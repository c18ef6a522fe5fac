-- ===== src/Scheduler/Backoff.antt =====
-- `exponential_backoff_seconds`: crates/activable-scheduler/src/schema.rs. The counter and the cap are
-- natural numbers: negative ones are left out.
use native.Mathlib.Numerals.{unary_clauses}
use activable_cloud.Prelude.{
  ℕ, zero, suc, ◌+◌, ◌-◌, subst, ◌*◌, ◌^◌, ◌≤◌, ◌<◌, ◌≡◌, arith, leb, ltb, if◌then◌else◌,
}

-- `a.min(b)`.
abbrev pub min : ℕ → ℕ → ℕ
min a b = if leb a b then a else b

-- `2^attempts` with the clamp to 30, at most the cap.
unfoldable pub backoff_base : ℕ → ℕ → ℕ
backoff_base attempts cap = min (2 ^ min attempts 30) cap

-- `jitter` is the number that `gen_range(0..base)` draws; without a range to draw from it is 0.
unfoldable pub exponential_backoff_seconds : ℕ → ℕ → ℕ → ℕ
exponential_backoff_seconds jitter attempts cap =
    let base = backoff_base attempts cap in
    let drawn = if ltb 0 base then jitter else 0 in min (base + drawn) cap

min_le_left : (a b : ℕ) → min a b ≤ a
min_le_left a b = ground arith

min_le_right : (a b : ℕ) → min a b ≤ b
min_le_right a b = ground arith

le_refl : (n : ℕ) → n ≤ n
le_refl n = omega arith

twice_le : (m n : ℕ) → m ≤ n → m ≤ n * 2
twice_le m n h = omega arith

pow_more : (a n : ℕ) → 2 ^ a ≤ 2 ^ (a + n)
pow_more a zero = simp unary_clauses (le_refl (2 ^ a))
pow_more a (suc n) = let less = pow_more a n in simp unary_clauses (twice_le _ _ less)

pow_mono : (a b : ℕ) → a ≤ b → 2 ^ a ≤ 2 ^ b
pow_mono a b h =
    let sum : a + (b - a) ≡ b = omega arith in subst (λ x. 2 ^ a ≤ 2 ^ x) sum (pow_more a (b - a))

le_trans : (a b c : ℕ) → a ≤ b → b ≤ c → a ≤ c
le_trans a b c h g = omega arith

base_bound : (attempts cap : ℕ) → backoff_base attempts cap ≤ 1073741824
unfolding backoff_base
base_bound attempts cap =
    le_trans _ _ _ (min_le_left (2 ^ min attempts 30) cap)
      (pow_mono (min attempts 30) 30 (min_le_right attempts 30))

base_cap : (attempts cap : ℕ) → backoff_base attempts cap ≤ cap
unfolding backoff_base
base_cap attempts cap = min_le_right (2 ^ min attempts 30) cap

bounds_of :
    (base jitter cap : ℕ)
    → jitter < base
    → base ≤ cap
    → (base ≤ min (base + (if ltb 0 base then jitter else 0)) cap)
      × (min (base + (if ltb 0 base then jitter else 0)) cap < 2 * base)
      × (min (base + (if ltb 0 base then jitter else 0)) cap ≤ cap)
bounds_of base jitter cap h g = ground arith

-- The sum of the delay and its jitter fits an `i32`; the result is at least the delay, less than twice
-- it, and at most the cap, if the jitter is less than the delay.
pub exponential_backoff_seconds_bounds :
    (jitter attempts cap : ℕ)
    → jitter < backoff_base attempts cap
    → (backoff_base attempts cap + jitter < 2147483648)
      × (backoff_base attempts cap ≤ exponential_backoff_seconds jitter attempts cap)
      × (exponential_backoff_seconds jitter attempts cap < 2 * backoff_base attempts cap)
      × (exponential_backoff_seconds jitter attempts cap ≤ cap)
unfolding exponential_backoff_seconds
exponential_backoff_seconds_bounds jitter attempts cap h =
    let limit = base_bound attempts cap in
    let (least, twice, capped) =
      bounds_of (backoff_base attempts cap) jitter cap h (base_cap attempts cap) in
    (omega arith, least, twice, capped)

— Your instructions —
Using the records above, set down exactly the lines from the one with "(pow_mono (min attempts" through the one with "(base jitter cap : ℕ)", inclusive, and nothing more.

— The completed task —
      (pow_mono (min attempts 30) 30 (min_le_right attempts 30))

base_cap : (attempts cap : ℕ) → backoff_base attempts cap ≤ cap
unfolding backoff_base
base_cap attempts cap = min_le_right (2 ^ min attempts 30) cap

bounds_of :
    (base jitter cap : ℕ)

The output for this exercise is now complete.